At one point, a representative from the National Rifle Association visited the booth, and he and LaSalvia shared memories of how the groups worked in tandem last year to get a failed concealed weapons amendment passed in the Senate. The NRA official wasn’t able to stay long, though, and soon returned to his booth.

Several candidates seeking to oust traditionally pro-LGBT lawmakers also visited GOProud’s booth in search of support. LaSalvia said he received a visit from a Republican challenging House Speaker Nancy Pelosi, and John Loughlin, the GOP candidate who seems poised to challenge gay Democrat David Cicilline in Rhode Island this fall for Congress.

Sean Bielat, who’s the likely Republican candidate to take on gay Rep. Barney Frank (D-Mass.), also made an appearance to seek the gay group’s help. He emphasized that he’s running on fiscal issues and that he and GOProud should “keep in touch.”

There was even a surprise visit from lesbian MSNBC talk show host Rachel Maddow, who toured CPAC as part of her trip to D.C. She asked LaSalvia about the “objections” to GOProud’s presence.

“Well, the bottom line is those objections came from the fringe of the fringe,” LaSalvia said. “There was one organization that pulled out. It was Liberty University.”

“Oh yeah,” Maddow said. “They’re the people that said health care reform was going to mean mandatory sex changes.”

LaSalvia noted it’s ironic that Liberty University pulled out because both the school and GOProud participated in a Young College Republicans event together last year.

“Maybe you so spooked them at the event — they were like, ‘Never again!’” Maddow responded.

“The bottom line is the real story is people have been coming up to us saying, ‘We’re so glad you’re here,’” LaSalvia said.

Even an encounter with the National Organization for Marriage, which had a display near GOProud, was relatively calm. At one point, CNN prompted a meeting between GOProud and the anti-gay group in the network’s coverage of GOProud’s role at CPAC.

“We can have a beer summit later,” Barron joked during the exchange.

So if they’re not at GOProud’s booth, where are these conservatives who aren’t happy about the inclusion of gays in the movement? It turns out that they’re somewhat evasive.

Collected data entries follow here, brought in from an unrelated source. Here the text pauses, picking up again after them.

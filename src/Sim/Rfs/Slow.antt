-- ===== src/Sim/Rfs/Slow.antt =====
-- src/sim/simulator_rfs.cpp: where acquire puts the header of a waveform in its slow data.
use feed_core.Prelude.{
  ℕ, zero, suc, ◌+◌, ◌*◌, ◌/◌, ◌%◌, ◌≡◌, ◌≢◌, ◌<◌, ◌≤◌, refl, ap, arith, List, [], ◌∷◌, ◌++◌,
  length, length-set, set, get_or, get_or-set_self, get_or-set_ne, replicate, length-replicate, ◌∙◌,
}
use feed_core.Sim.Rfs.{high_byte, low_byte, four_words, set_all, slow_words}

length-set_all : (i : ℕ) (ws slow : List ℕ) → length (set_all i ws slow) ≡ length slow
unfolding set_all
length-set_all i [] slow = refl
length-set_all i (w ∷ ws) slow = length-set_all (i + 1) ws (set slow i w) ∙ length-set slow i w

set_all-below :
    (i : ℕ) (ws slow : List ℕ) (k : ℕ) → k < i → get_or (set_all i ws slow) k 0 ≡ get_or slow k 0
unfolding set_all
set_all-below i [] slow k h = refl
set_all-below i (w ∷ ws) slow k h =
    set_all-below (i + 1) ws (set slow i w) k (omega arith)
    ∙ get_or-set_ne slow i k w 0 (λ e. omega (arith, e))

set_all-within :
    (i : ℕ) (ws slow : List ℕ) (j : ℕ)
    → j < length ws
    → i + length ws ≤ length slow
    → get_or (set_all i ws slow) (i + j) 0 ≡ get_or ws j 0
unfolding set_all
set_all-within i [] slow j h l = absurd (omega arith)
set_all-within i (w ∷ ws) slow zero h l =
    ap (λ k. get_or (set_all (i + 1) ws (set slow i w)) k 0) (omega arith)
    ∙ (set_all-below (i + 1) ws (set slow i w) i (omega arith)
        ∙ get_or-set_self slow i w 0 (omega arith))
set_all-within i (w ∷ ws) slow (suc j) h l =
    ap (λ k. get_or (set_all (i + 1) ws (set slow i w)) k 0) (omega arith)
    ∙ set_all-within (i + 1) ws (set slow i w) j (omega arith) (omega (arith, length-set slow i w))

set_all-above :
    (i : ℕ) (ws slow : List ℕ) (k : ℕ)
    → i + length ws ≤ k
    → get_or (set_all i ws slow) k 0 ≡ get_or slow k 0
unfolding set_all
set_all-above i [] slow k h = refl
set_all-above i (w ∷ ws) slow k h =
    set_all-above (i + 1) ws (set slow i w) k (omega arith)
    ∙ get_or-set_ne slow i k w 0 (λ e. omega (arith, e))

get_or-replicate : (n k : ℕ) → get_or (replicate {A = ℕ} n 0) k 0 ≡ 0
unfolding replicate
get_or-replicate zero k = refl
get_or-replicate (suc n) zero = refl
get_or-replicate (suc n) (suc k) = get_or-replicate n k

-- The header of a waveform, in slow data of more than 42 words. The counter is at 17 and 18, its high
-- byte first; the least and the greatest value, each with its high byte first, are at 21 to 24, and
-- again at 25 and at 29; the tag is at 33 and 34. The other words are 0.
pub record IsHeader (circle_count tag min max : ℕ) (slow : List ℕ) : Type 0 where
  pub count_high : get_or slow 17 0 ≡ circle_count / 256 % 256
  pub count_low : get_or slow 18 0 ≡ circle_count % 256
  pub min_high : (m : ℕ) → m < 3 → get_or slow (21 + 4 * m) 0 ≡ min / 256 % 256
  pub min_low : (m : ℕ) → m < 3 → get_or slow (22 + 4 * m) 0 ≡ min % 256
  pub max_high : (m : ℕ) → m < 3 → get_or slow (23 + 4 * m) 0 ≡ max / 256 % 256
  pub max_low : (m : ℕ) → m < 3 → get_or slow (24 + 4 * m) 0 ≡ max % 256
  pub tagged : get_or slow 33 0 ≡ tag
  pub tagged_again : get_or slow 34 0 ≡ tag
  pub blank_before : (k : ℕ) → k < 17 → get_or slow k 0 ≡ 0
  pub blank_between : (k : ℕ) → 18 < k → k < 21 → get_or slow k 0 ≡ 0
  pub blank_behind : (k : ℕ) → 34 < k → get_or slow k 0 ≡ 0

get_or-append_left :
    (xs ys : List ℕ) (i : ℕ) → i < length xs → get_or (xs ++ ys) i 0 ≡ get_or xs i 0
get_or-append_left [] ys i h = elim h [ ]
get_or-append_left (x ∷ xs) ys zero h = refl
get_or-append_left (x ∷ xs) ys (suc i) h = get_or-append_left xs ys i (omega arith)

get_or-append_right : (xs ys : List ℕ) (i : ℕ) → get_or (xs ++ ys) (length xs + i) 0 ≡ get_or ys i 0
get_or-append_right [] ys i = ap (λ k. get_or ys k 0) (omega arith)
get_or-append_right (x ∷ xs) ys i =
    let next : suc (length xs) + i ≡ suc (length xs + i) = omega arith in
    ap (λ k. get_or (x ∷ (xs ++ ys)) k 0) next ∙ get_or-append_right xs ys i

-- A word of three copies of four words.
thrice :
    (ws : List ℕ) (m j : ℕ)
    → length ws ≡ 4
    → m < 3
    → j < 4
    → get_or (ws ++ (ws ++ ws)) (4 * m + j) 0 ≡ get_or ws j 0
thrice ws zero j h l u =
    ap (λ k. get_or (ws ++ (ws ++ ws)) k 0) (omega arith)
    ∙ get_or-append_left ws (ws ++ ws) j (omega (arith, h))
thrice ws (suc zero) j h l u =
    ap (λ k. get_or (ws ++ (ws ++ ws)) k 0) (omega (arith, h))
    ∙ (get_or-append_right ws (ws ++ ws) j ∙ get_or-append_left ws ws j (omega (arith, h)))
thrice ws (suc (suc zero)) j h l u =
    ap (λ k. get_or (ws ++ (ws ++ ws)) k 0) (omega (arith, h))
    ∙ (get_or-append_right ws (ws ++ ws) (length ws + j) ∙ get_or-append_right ws ws j)
thrice ws (suc (suc (suc m))) j h l u = absurd (omega arith)

pub slow_words-IsHeader :
    (len circle_count tag min max : ℕ)
    → 42 < len
    → IsHeader circle_count tag min max (slow_words len circle_count tag min max)
unfolding slow_words high_byte low_byte
slow_words-IsHeader len circle_count tag min max h = record {
  count_high =
      low_kept 17 (omega arith)
      ∙ set_all-within 17 counts blank 0 (omega arith) (omega (arith, sized));
  count_low =
      low_kept 18 (omega arith)
      ∙ set_all-within 17 counts blank 1 (omega arith) (omega (arith, sized));
  min_high = λ m l. at_range m 0 l (omega arith) _ (omega arith);
  min_low = λ m l. at_range m 1 l (omega arith) _ (omega arith);
  max_high = λ m l. at_range m 2 l (omega arith) _ (omega arith);
  max_low = λ m l. at_range m 3 l (omega arith) _ (omega arith);
  tagged =
      get_or-set_self (set ranged 34 tag) 33 tag 0
        (omega (arith, length-set ranged 34 tag, ranged_sized));
  tagged_again =
      get_or-set_ne (set ranged 34 tag) 33 34 tag 0 (λ e. omega (arith, e))
      ∙ get_or-set_self ranged 34 tag 0 (omega (arith, ranged_sized));
  blank_before = λ k l.
      low_kept k (omega arith) ∙ (set_all-below 17 counts blank k l ∙ get_or-replicate len k);
  blank_between = λ k l u.
      low_kept k u ∙ (set_all-above 17 counts blank k (omega arith) ∙ get_or-replicate len k);
  blank_behind = λ k l.
      tag_kept k (λ e. omega (arith, e)) (λ e. omega (arith, e))
      ∙ (set_all-above 21 words counted k (omega arith)
          ∙ (set_all-above 17 counts blank k (omega arith) ∙ get_or-replicate len k));
}
  where
    counts : List ℕ
    counts = high_byte circle_count ∷ low_byte circle_count ∷ []

    words : List ℕ
    words = four_words min max ++ (four_words min max ++ four_words min max)

    blank : List ℕ
    blank = replicate len 0

    counted : List ℕ
    counted = set_all 17 counts blank

    ranged : List ℕ
    ranged = set_all 21 words counted

    sized : length blank ≡ len
    sized = length-replicate len 0

    counted_sized : length counted ≡ len
    counted_sized = length-set_all 17 counts blank ∙ sized

    ranged_sized : length ranged ≡ len
    ranged_sized = length-set_all 21 words counted ∙ counted_sized

    tag_kept :
        (k : ℕ) → 33 ≢ k → 34 ≢ k → get_or (set (set ranged 34 tag) 33 tag) k 0 ≡ get_or ranged k 0
    tag_kept k n n' =
        get_or-set_ne (set ranged 34 tag) 33 k tag 0 n ∙ get_or-set_ne ranged 34 k tag 0 n'

    low_kept : (k : ℕ) → k < 21 → get_or (set (set ranged 34 tag) 33 tag) k 0 ≡ get_or counted k 0
    low_kept k l =
        tag_kept k (λ e. omega (arith, e)) (λ e. omega (arith, e))
        ∙ set_all-below 21 words counted k l

    at_range :
        (m j : ℕ)
        → m < 3
        → j < 4
        → (k : ℕ) → k ≡ 21 + (4 * m + j)
        → get_or (set (set ranged 34 tag) 33 tag) k 0 ≡ get_or (four_words min max) j 0
    at_range m j l u k e =
        tag_kept k (λ e'. omega (arith, e, e')) (λ e'. omega (arith, e, e'))
        ∙ (ap (λ i. get_or ranged i 0) e
            ∙ (set_all-within 21 words counted (4 * m + j) (omega arith)
                  (omega (arith, counted_sized))
                ∙ thrice (four_words min max) m j refl l u))

pub length-slow_words :
    (len circle_count tag min max : ℕ) → length (slow_words len circle_count tag min max) ≡ len
unfolding slow_words
length-slow_words len circle_count tag min max =
    length-set _ 33 tag
    ∙ (length-set _ 34 tag
        ∙ (length-set_all 21 _ _ ∙ (length-set_all 17 _ _ ∙ length-replicate len 0)))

Former Sen. Rick Santorum (R-Pa.), notorious for remarks he made during his tenure in the Senate comparing homosexuality to bestiality, dodged a DC Agenda reporter after giving a speech that suggested Defense Secretary Robert Gates and Chairman of the Joint Chiefs of Staff Adm. Michael Mullen were “indoctrinated” by political correctness into endorsing an end to “Don’t Ask, Don’t Tell” in congressional testimony earlier this month.

Santorum held the reporter’s business card and peered at it through his glasses before he returning the card.

“I’m actually late for something and I have to get going,” he said. “Sorry, but I can’t answer any questions.”

Some college students with comparatively lower profiles seemed equally skittish when approached while examining an event map.

“I’m with the press,” said the reporter. “Can I ask you some questions?”

“Sure,” one responded.

“I write for DC Agenda. We’re a gay publication.”

“I’d rather not be part of that.”

“Well, can I still ask you some questions?”

“I don’t want to say anything.”

To get some conversational traction, this reporter eventually resorted to identifying himself verbally as a member of the press and then handing his business card to each person following the conversation. The approach helped convention attendants find their voice.

John Daniel, a 19-year-old student from Florida State University, said he’s against the inclusion of gays in the conservative movement.

“I think there’s nothing wrong with people being homosexual, I just don’t believe they should get married,” he says. “All of us are brothers in Christ, but I’m against them getting married.”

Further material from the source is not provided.